====== Task inputs ======

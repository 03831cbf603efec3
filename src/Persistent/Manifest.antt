-- ===== src/Persistent/Manifest.antt =====
-- src/persistence.rs: the file MANIFEST, which names the segments of a collection.
use focal_vector.Base.{
  ℕ, ◌+◌, ◌-◌, Bool, true, not, ◌&&◌, ◌||◌, Option, none, some, List, [], ◌∷◌, ◌++◌, length, take,
  drop, any, ltb, ◌==◌, if◌then◌else◌,
}
use focal_vector.Outcome.{text, corrupt_storage, Result, ok, ◌>>=◌, ◌>>◌, reject_if}
use focal_vector.Bytes.{to_le_bytes, from_le_bytes}
use focal_vector.Crc.{crc32c}
use focal_vector.Str.{Str, str_eq, str_cmp}
use focal_vector.Map.{contains}
use focal_vector.Codec.Decoder
use focal_vector.Codec.Decoder.{
  Decoder, start, max_items, usize_max, Reader, pure, fail, u64, count, string, repeated, finish,
}
use focal_vector.Codec.Encoder.{◌then_write◌, put_bytes, put_count, put_string, put_each}
use focal_vector.Persistent.Header.{format_version}

-- b"FVMF", and the version of a manifest that lists several segments
abbrev pub manifest_magic : List ℕ
manifest_magic = 0x46 ∷ 0x56 ∷ 0x4d ∷ 0x46 ∷ []

abbrev pub manifest_list_version : ℕ
manifest_list_version = 2

abbrev pub max_index_segments : ℕ
max_index_segments = 8

pub record Manifest : Type 0 where
  pub sequence : ℕ
  pub segments : List Str

-- The bytes that `publish_manifest` writes.
unfoldable pub publish_manifest : ℕ → List Str → Result (List ℕ)
publish_manifest sequence names = do
  bytes ←
      (put_bytes (manifest_magic ++ manifest_list_version ∷ [])
          then_write put_bytes (to_le_bytes 8 sequence)
          then_write put_count (length names)
          then_write put_each put_string names)
        []
  ok (bytes ++ to_le_bytes 4 (crc32c bytes))

-- "segment-"
abbrev segment_prefix : Str
segment_prefix = 115 ∷ 101 ∷ 103 ∷ 109 ∷ 101 ∷ 110 ∷ 116 ∷ 45 ∷ []

-- No slash, the prefix, and no name twice.
unfoldable pub names_allowed : List Str → List Str → Bool
names_allowed seen [] = true
names_allowed seen (name ∷ names) =
    not (any (λ b. b == 47) name)
    && (str_eq (take 8 name) segment_prefix
        && (not (contains str_cmp name seen) && names_allowed (name ∷ seen) names))

unfoldable pub listed : ℕ → Reader (List Str)
listed n =
    if n == 0 || ltb (max_index_segments + 1) n
    then fail (text "invalid segment count in manifest")
    else repeated n string

unfoldable pub segment_names : ℕ → Reader (List Str)
unfolding listed
segment_names version =
    if version == format_version
    then Decoder.◌>>=◌ string (λ name. pure (name ∷ []))
    else Decoder.◌>>=◌ count listed

unfoldable pub decode_manifest : ℕ → List ℕ → Result Manifest
unfolding segment_names names_allowed
decode_manifest version payload = do
  (sequence, d) ← u64 (start payload)
  (names, d') ← segment_names version d
  finish d'
  reject_if (not (names_allowed [] names))
      (corrupt_storage (text "invalid segment name in manifest"))
  ok (record { sequence = sequence; segments = names })

unfoldable pub read_manifest : Option (List ℕ) → Result (Option Manifest)
unfolding decode_manifest
read_manifest none = ok none
read_manifest (some bytes) =
    let version = from_le_bytes (take 1 (drop 4 bytes)) in
    let payload_length = length bytes - 4 in
    do
      reject_if
          (ltb (length bytes) 21
            || (not (str_eq (take 4 bytes) manifest_magic)
                || not (version == format_version || version == manifest_list_version)))
          (corrupt_storage (text "invalid manifest header"))
      reject_if
          (not (crc32c (take payload_length bytes) == from_le_bytes (drop payload_length bytes)))
          (corrupt_storage (text "manifest checksum mismatch"))
      manifest ← decode_manifest version (drop 5 (take payload_length bytes))
      ok (some manifest)
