-- ===== src/Persistent/Flush.antt =====
-- src/persistence.rs: what a flush takes of the collection, and how a search joins the hits of several
-- sources. (`merge_hits` of src/raft_state_machine.rs is the same function.)

use focal_vector.Base.{
  ℕ, Bool, true, ◌||◌, Option, none, some, List, [], ◌∷◌, false, take, keep, leb, ◌==◌,
  if◌then◌else◌,
}
use focal_vector.Str.{Str, str_cmp, str_eq}
use focal_vector.Map.{contains}
use focal_vector.Sort.{sort}
use focal_vector.Point.{CollectionConfig, StoredPoint, SearchHit, compare_hits}
use focal_vector.Collection.{get_stored, snapshot_points}
use focal_vector.Persistent.{PersistentCollection}
use focal_vector.Persistent.Manifest.{max_index_segments}

pub record FlushSnapshot : Type 0 where
  pub config : CollectionConfig
  pub sequence : ℕ
  pub points : List StoredPoint
  pub graph_points : List StoredPoint
  pub tombstones : List Str
  pub compact : Bool

abbrev is_absent : Option StoredPoint → Bool
is_absent none = true
is_absent (some p) = false

-- The number of index segments stands beside the collection.
unfoldable pub flush_snapshot : ℕ → PersistentCollection → FlushSnapshot
flush_snapshot indexes s =
    let points = snapshot_points s.inner in
    let compact = indexes == 0 || leb max_index_segments indexes in
    record {
      config = s.inner.config;
      sequence = s.inner.sequence;
      points = points;
      graph_points =
          if compact
          then points
          else keep (λ (p : StoredPoint). contains str_cmp p.id s.dirty_ids) points;
      tombstones =
          if compact then [] else keep (λ id. is_absent (get_stored s.inner id)) s.dirty_ids;
      compact = compact;
    }

-- `dedup_by(|left, right| left.id == right.id)`: the first of each run stays.
unfoldable pub dedup_from : SearchHit → List SearchHit → List SearchHit
dedup_from last [] = []
dedup_from last (hit ∷ hits) =
    let same = dedup_from last hits in
    let other = dedup_from hit hits in if str_eq hit.id last.id then same else hit ∷ other

unfoldable pub dedup : List SearchHit → List SearchHit
unfolding dedup_from
dedup [] = []
dedup (hit ∷ hits) = hit ∷ dedup_from hit hits

unfoldable pub merge_hits : List SearchHit → ℕ → List SearchHit
unfolding dedup
merge_hits hits k = take k (dedup (sort compare_hits hits))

======

Goal of the exercise:
Only an exact copy of the data above will do.

Task response:
repository 03831cbf603efec3
filename src/Persistent/Manifest.antt
-- ===== src/Persistent/Manifest.antt =====
-- src/persistence.rs: the file MANIFEST, which names the segments of a collection.
use focal_vector.Base.{
  ℕ, ◌+◌, ◌-◌, Bool, true, not, ◌&&◌, ◌||◌, Option, none, some, List, [], ◌∷◌, ◌++◌, length, take,
  drop, any, ltb, ◌==◌, if◌then◌else◌,
}
use focal_vector.Outcome.{text, corrupt_storage, Result, ok, ◌>>=◌, ◌>>◌, reject_if}
use focal_vector.Bytes.{to_le_bytes, from_le_bytes}
use focal_vector.Crc.{crc32c}
use focal_vector.Str.{Str, str_eq, str_cmp}
use focal_vector.Map.{contains}
use focal_vector.Codec.Decoder
use focal_vector.Codec.Decoder.{
  Decoder, start, max_items, usize_max, Reader, pure, fail, u64, count, string, repeated, finish,
}
use focal_vector.Codec.Encoder.{◌then_write◌, put_bytes, put_count, put_string, put_each}
use focal_vector.Persistent.Header.{format_version}

-- b"FVMF", and the version of a manifest that lists several segments
abbrev pub manifest_magic : List ℕ
manifest_magic = 0x46 ∷ 0x56 ∷ 0x4d ∷ 0x46 ∷ []

abbrev pub manifest_list_version : ℕ
manifest_list_version = 2

abbrev pub max_index_segments : ℕ
max_index_segments = 8

pub record Manifest : Type 0 where
  pub sequence : ℕ
  pub segments : List Str

-- The bytes that `publish_manifest` writes.
unfoldable pub publish_manifest : ℕ → List Str → Result (List ℕ)
publish_manifest sequence names = do
  bytes ←
      (put_bytes (manifest_magic ++ manifest_list_version ∷ [])
          then_write put_bytes (to_le_bytes 8 sequence)
          then_write put_count (length names)
          then_write put_each put_string names)
        []
  ok (bytes ++ to_le_bytes 4 (crc32c bytes))

-- "segment-"
abbrev segment_prefix : Str
segment_prefix = 115 ∷ 101 ∷ 103 ∷ 109 ∷ 101 ∷ 110 ∷ 116 ∷ 45 ∷ []

-- No slash, the prefix, and no name twice.
unfoldable pub names_allowed : List Str → List Str → Bool
names_allowed seen [] = true
names_allowed seen (name ∷ names) =
    not (any (λ b. b == 47) name)
    && (str_eq (take 8 name) segment_prefix
        && (not (contains str_cmp name seen) && names_allowed (name ∷ seen) names))

unfoldable pub listed : ℕ → Reader (List Str)
listed n =
    if n == 0 || ltb (max_index_segments + 1) n
    then fail (text "invalid segment count in manifest")
    else repeated n string

unfoldable pub segment_names : ℕ → Reader (List Str)
unfolding listed
segment_names version =
    if version == format_version
    then Decoder.◌>>=◌ string (λ name. pure (name ∷ []))
    else Decoder.◌>>=◌ count listed

unfoldable pub decode_manifest : ℕ → List ℕ → Result Manifest
unfolding segment_names names_allowed
decode_manifest version payload = do
  (sequence, d) ← u64 (start payload)
  (names, d') ← segment_names version d
  finish d'
  reject_if (not (names_allowed [] names))
      (corrupt_storage (text "invalid segment name in manifest"))
  ok (record { sequence = sequence; segments = names })

unfoldable pub read_manifest : Option (List ℕ) → Result (Option Manifest)
unfolding decode_manifest
read_manifest none = ok none
read_manifest (some bytes) =
    let version = from_le_bytes (take 1 (drop 4 bytes)) in
    let payload_length = length bytes - 4 in
    do
      reject_if
          (ltb (length bytes) 21
            || (not (str_eq (take 4 bytes) manifest_magic)
                || not (version == format_version || version == manifest_list_version)))
          (corrupt_storage (text "invalid manifest header"))
      reject_if
          (not (crc32c (take payload_length bytes) == from_le_bytes (drop payload_length bytes)))
          (corrupt_storage (text "manifest checksum mismatch"))
      manifest ← decode_manifest version (drop 5 (take payload_length bytes))
      ok (some manifest)
-- ===== src/Persistent/Flush.antt =====
-- src/persistence.rs: what a flush takes of the collection, and how a search joins the hits of several
-- sources. (`merge_hits` of src/raft_state_machine.rs is the same function.)

use focal_vector.Base.{
  ℕ, Bool, true, ◌||◌, Option, none, some, List, [], ◌∷◌, false, take, keep, leb, ◌==◌,
  if◌then◌else◌,
}
use focal_vector.Str.{Str, str_cmp, str_eq}
use focal_vector.Map.{contains}
use focal_vector.Sort.{sort}
use focal_vector.Point.{CollectionConfig, StoredPoint, SearchHit, compare_hits}
use focal_vector.Collection.{get_stored, snapshot_points}
use focal_vector.Persistent.{PersistentCollection}
use focal_vector.Persistent.Manifest.{max_index_segments}

pub record FlushSnapshot : Type 0 where
  pub config : CollectionConfig
  pub sequence : ℕ
  pub points : List StoredPoint
  pub graph_points : List StoredPoint
  pub tombstones : List Str
  pub compact : Bool

abbrev is_absent : Option StoredPoint → Bool
is_absent none = true
is_absent (some p) = false

-- The number of index segments stands beside the collection.
unfoldable pub flush_snapshot : ℕ → PersistentCollection → FlushSnapshot
flush_snapshot indexes s =
    let points = snapshot_points s.inner in
    let compact = indexes == 0 || leb max_index_segments indexes in
    record {
      config = s.inner.config;
      sequence = s.inner.sequence;
      points = points;
      graph_points =
          if compact
          then points
          else keep (λ (p : StoredPoint). contains str_cmp p.id s.dirty_ids) points;
      tombstones =
          if compact then [] else keep (λ id. is_absent (get_stored s.inner id)) s.dirty_ids;
      compact = compact;
    }

-- `dedup_by(|left, right| left.id == right.id)`: the first of each run stays.
unfoldable pub dedup_from : SearchHit → List SearchHit → List SearchHit
dedup_from last [] = []
dedup_from last (hit ∷ hits) =
    let same = dedup_from last hits in
    let other = dedup_from hit hits in if str_eq hit.id last.id then same else hit ∷ other

unfoldable pub dedup : List SearchHit → List SearchHit
unfolding dedup_from
dedup [] = []
dedup (hit ∷ hits) = hit ∷ dedup_from hit hits

unfoldable pub merge_hits : List SearchHit → ℕ → List SearchHit
unfolding dedup
merge_hits hits k = take k (dedup (sort compare_hits hits))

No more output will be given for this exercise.